[Stored items]
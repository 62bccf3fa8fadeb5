-- ===== src/OpenFile/Session.antt =====
-- `Read` and `Write` in turn on an open file.
use nachos_3_4_lab.Prelude.{
  ℕ, ◌+◌, ◌-◌, ◌*◌, ◌≤◌, ◌<◌, ◌≡◌, ◌≢◌, ◌∙◌, min, refl, sym, ap, ◌/◌, ◌%◌, List, length, get_or,
  arith, ◌==◌, if◌then◌else◌, ltb, leb, ◌&&◌, Bool-cases, inl, inr,
}
use nachos_3_4_lab.Prelude.Outcome.{ok}
use nachos_3_4_lab.Disk.{Disk}
use nachos_3_4_lab.FileHeader.{FileHeader}
use nachos_3_4_lab.FileHeader.Stored.{FitsSector, fetch_from, write_back-fetch_from}
use nachos_3_4_lab.OpenFile.{OpenFile, accessed, read, write}
use nachos_3_4_lab.OpenFile.Contents.{IsDirect, Formatted, sector_at, contents}
use nachos_3_4_lab.OpenFile.Read.{IsPart, read_at-IsPart}
use nachos_3_4_lab.OpenFile.Write.{write_at-Written}

-- An open file and the disk: the header has a sector of its own, and has been written there.
pub record IsOpen (f : OpenFile) (d : Disk) : Type 0 where
  pub direct : IsDirect f.hdr
  pub fits : FitsSector f.hdr
  pub on_disk : f.hdr_sector < 1024
  pub apart : (j : ℕ) → j * 128 < f.hdr.num_bytes → f.hdr_sector ≢ sector_at f.hdr j
  pub formatted : Formatted d

-- After `result` bytes have been read or written: the position is that many further, the file is as
-- long as before, and its header on the disk is the one in memory.
pub record Continues (result : ℕ) (f f' : OpenFile) (d' : Disk) : Type 0 where
  pub is_open : IsOpen f' d'
  pub advanced : f'.seek_position ≡ f.seek_position + result
  pub same_size : f'.hdr.num_bytes ≡ f.hdr.num_bytes
  pub flushed : fetch_from f'.hdr_sector d' ≡ ok f'.hdr

accessed-Continues :
    (now : List ℕ) (result : ℕ) (f : OpenFile) (d : Disk)
    → IsOpen f d
    → length now ≡ 20
    → (f' : OpenFile) × (d' : Disk) × (accessed now result f d ≡ ok (f', d'))
      × Continues result f f' d'
      × ((p : ℕ) → p < f.hdr.num_bytes → contents f'.hdr d' p ≡ contents f.hdr d p)
unfolding accessed contents
accessed-Continues now result f d h size =
    let hdr : FileHeader = record f.hdr { access_time = now } in
    let fits : FitsSector hdr = record {
      bytes_int = h.fits.bytes_int;
      sectors_int = h.fits.sectors_int;
      create_size = h.fits.create_size;
      update_size = h.fits.update_size;
      access_size = size;
      entries_size = h.fits.entries_size;
      entries_int = h.fits.entries_int;
    } in
    let (d', runs, fetched, whole, others) =
      write_back-fetch_from f.hdr_sector hdr d h.on_disk fits in
    (
      record f { hdr = hdr; seek_position = f.seek_position + result },
      d',
      rw runs refl,
      record {
        is_open = record {
          direct = record {
            small = h.direct.small;
            on_disk = h.direct.on_disk;
            distinct = h.direct.distinct;
          };
          fits = fits;
          on_disk = h.on_disk;
          apart = h.apart;
          formatted = λ k lt. elim (Bool-cases (k == f.hdr_sector)) [
            | inl here ↦ ap (λ j. length (d' j)) (ground (arith, here)) ∙ whole
            | inr other ↦ ap length (others k (ground (arith, other))) ∙ h.formatted k lt
          ];
        };
        advanced = refl;
        same_size = refl;
        flushed = fetched;
      },
      λ p lt.
          ap (λ b. get_or b (p % 128) 0)
            (others (sector_at f.hdr (p / 128)) (λ e. h.apart (p / 128) (omega arith) (sym e))),
    )

module _ (fresh : ℕ → List ℕ) (sizes : (n : ℕ) → length (fresh n) ≡ n) (now : List ℕ)
    (size : length now ≡ 20) (num_bytes : ℕ) (f : OpenFile) (d : Disk) (h : IsOpen f d)
    (no_overflow : f.seek_position + num_bytes < 0x8000_0000) where
  -- If `new` gives arrays of the size asked for, an open file has at most fourteen distinct sectors
  -- on the disk, its header a sector of its own and fields of their sizes, every sector 128 bytes,
  -- the new time 20, and the position and the number of bytes asked for add up to less than 2 ^ 31,
  -- then `Read` returns the number of bytes from the position to the end of the file or as many as
  -- asked for, if that is less, and those bytes of the file; the file's bytes stay as they are, the
  -- position is that many further, and the header, with the new access time, is on the disk.
  pub read-Continues :
      let n = min num_bytes (f.hdr.num_bytes - f.seek_position) in
      (bytes : List ℕ) × (f' : OpenFile) × (d' : Disk) × (read fresh now num_bytes f d
        ≡ ok (n, bytes, f', d'))
      × IsPart f.hdr d n f.seek_position bytes
      × Continues n f f' d'
      × ((p : ℕ) → p < f.hdr.num_bytes → contents f'.hdr d' p ≡ contents f.hdr d p)
  unfolding read
  read-Continues =
      let (bytes, did_read, part) =
        read_at-IsPart fresh sizes h.direct h.formatted num_bytes f.seek_position no_overflow in
      let (f', d', runs, w, same) =
        accessed-Continues now (min num_bytes (f.hdr.num_bytes - f.seek_position)) f d h size in
      (bytes, f', d', rw (did_read, runs) refl, part, w, same)

  -- If `new` gives arrays of the size asked for, an open file has at most fourteen distinct sectors
  -- on the disk, its header a sector of its own and fields of their sizes, every sector 128 bytes,
  -- the new time 20, the bytes given are at least as many as asked for, and the position and the
  -- number of bytes asked for add up to less than 2 ^ 31, then `Write` returns the number of bytes
  -- from the position to the end of the file or as many as asked for, if that is less; those bytes
  -- of the file are then the given ones and the others as before, the position is that many
  -- further, and the header, with the new access time, is on the disk.
  pub write-Continues :
      (from : List ℕ)
      → num_bytes ≤ length from
      → let n = min num_bytes (f.hdr.num_bytes - f.seek_position) in
        (f' : OpenFile) × (d' : Disk) × (write fresh now from num_bytes f d ≡ ok (n, f', d'))
        × Continues n f f' d'
        × ((p : ℕ)
            → p < f.hdr.num_bytes
            → contents f'.hdr d' p ≡ (
                if leb f.seek_position p && ltb p (f.seek_position + n)
                then get_or from (p - f.seek_position) 0
                else contents f.hdr d p))
  unfolding write
  write-Continues from given =
      let n : ℕ = min num_bytes (f.hdr.num_bytes - f.seek_position) in
      let (d₁, wrote, w) =
        write_at-Written fresh sizes d h.direct h.formatted from num_bytes f.seek_position given
          no_overflow in
      let h₁ : IsOpen f d₁ = record {
        direct = h.direct;
        fits = h.fits;
        on_disk = h.on_disk;
        apart = h.apart;
        formatted = w.formatted;
      } in
      let (f', d', runs, c, same) = accessed-Continues now n f d₁ h₁ size in
      (f', d', rw (wrote, runs) refl, c, λ p lt. same p lt ∙ w.bytes p lt)
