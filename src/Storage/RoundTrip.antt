-- ===== src/Storage/RoundTrip.antt =====
-- What is written back is fetched again.
use nachos_3_4_lab.Prelude.{
  ℕ, suc, ◌+◌, ◌-◌, ◌≤◌, ◌<◌, ◌≡◌, ◌∙◌, min, refl, subst, ap, ap₂, List, [], ◌∷◌, length, get_or,
  arith,
}
use nachos_3_4_lab.Prelude.Outcome.{ok}
use nachos_3_4_lab.Prelude.Copy.{put_bytes, length-put_bytes, get_or-put_bytes}
use nachos_3_4_lab.Disk.{Disk}
use nachos_3_4_lab.FileHeader.{FileHeader}
use nachos_3_4_lab.OpenFile.{read_at, write_at}
use nachos_3_4_lab.OpenFile.Contents.{IsDirect, Formatted, contents}
use nachos_3_4_lab.OpenFile.Read.{read_at-IsPart}
use nachos_3_4_lab.OpenFile.Write.{Written, write_at-Written}

-- The file begins with these bytes.
pub record BeginsWith (hdr : FileHeader) (d : Disk) (bytes : List ℕ) : Type 0 where
  pub fits : length bytes ≤ hdr.num_bytes
  pub each : (p : ℕ) → p < length bytes → contents hdr d p ≡ get_or bytes p 0

-- Lists with the same elements are the same.
same_list :
    (xs ys : List ℕ)
    → length xs ≡ length ys
    → ((j : ℕ) → j < length xs → get_or xs j 0 ≡ get_or ys j 0)
    → xs ≡ ys
same_list [] [] size same = refl
same_list [] (y ∷ ys) size same = absurd (omega (arith, size))
same_list (x ∷ xs) [] size same = absurd (omega (arith, size))
same_list (x ∷ xs) (y ∷ ys) size same =
    ap₂ (λ z zs. z ∷ zs) (same 0 (omega arith))
      (same_list xs ys (omega (arith, size)) λ j lt. same (suc j) (omega arith))

module _ (fresh : ℕ → List ℕ) (sizes : (n : ℕ) → length (fresh n) ≡ n) (hdr : FileHeader) (d : Disk)
    (h : IsDirect hdr) (f : Formatted d) (bytes : List ℕ) where
  -- The whole of them is read, over any buffer of their size.
  pub read_at-BeginsWith :
      (buf : List ℕ)
      → length buf ≡ length bytes
      → BeginsWith hdr d bytes
      → (got : List ℕ) × (read_at fresh (length bytes) 0 hdr d ≡ ok (length bytes, got))
        × (put_bytes got 0 buf ≡ bytes)
        × (0 + length got ≤ length buf)
  read_at-BeginsWith buf size w =
      let (got, runs, part) =
        read_at-IsPart fresh sizes h f (length bytes) 0 (omega (arith, w.fits, h.small)) in
      let n : min (length bytes) (hdr.num_bytes - 0) ≡ length bytes = omega (arith, w.fits) in
      let room : 0 + length got ≤ length buf = omega (arith, part.size, size) in
      (
        got,
        runs ∙ ap (λ k. ok (k, got)) n,
        same_list (put_bytes got 0 buf) bytes (omega (arith, length-put_bytes got 0 buf, size))
            (λ j lt.
              let put = get_or-put_bytes got 0 buf j room in
              let its = part.each j (omega (arith, lt, n, length-put_bytes got 0 buf, size)) in
              let from_zero : contents hdr d (0 + j) ≡ contents hdr d j =
                ap (contents hdr d) (omega arith) in
              let to_zero : get_or got (j - 0) 0 ≡ get_or got j 0 =
                ap (λ k. get_or got k 0) (omega arith) in
              let held = w.each j (omega (arith, lt, length-put_bytes got 0 buf, size)) in
              let within : j < length bytes = omega (arith, lt, length-put_bytes got 0 buf, size) in
              ground (arith, put, its, from_zero, to_zero, held, within, part.size, n)),
        room,
      )

  pub write_at-BeginsWith :
      length bytes ≤ hdr.num_bytes
      → (d' : Disk) × (write_at fresh bytes (length bytes) 0 hdr d ≡ ok (length bytes, d'))
        × BeginsWith hdr d' bytes
        × Written hdr d (length bytes) 0 bytes d'
  write_at-BeginsWith fits =
      let (d', runs, w) =
        write_at-Written fresh sizes d h f bytes (length bytes) 0 (omega arith)
          (omega (arith, fits, h.small)) in
      let n : min (length bytes) (hdr.num_bytes - 0) ≡ length bytes = omega (arith, fits) in
      let all : Written hdr d (length bytes) 0 bytes d' =
        subst (λ k. Written hdr d k 0 bytes d') n w in
      (
        d',
        runs ∙ ap (λ k. ok (k, d')) n,
        record {
          fits = fits;
          each = λ p lt.
              let to_zero : get_or bytes (p - 0) 0 ≡ get_or bytes p 0 =
                ap (λ k. get_or bytes k 0) (omega arith) in
              ground (arith, all.bytes p (omega (arith, lt, fits)), to_zero, lt);
        },
        all,
      )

#### EXERCISE OBJECTIVE:
Filter the records, keeping only lines that contain "held", and show those lines.

#### SOLUTION FOR THIS EXERCISE:
              let held = w.each j (omega (arith, lt, length-put_bytes got 0 buf, size)) in
              ground (arith, put, its, from_zero, to_zero, held, within, part.size, n)),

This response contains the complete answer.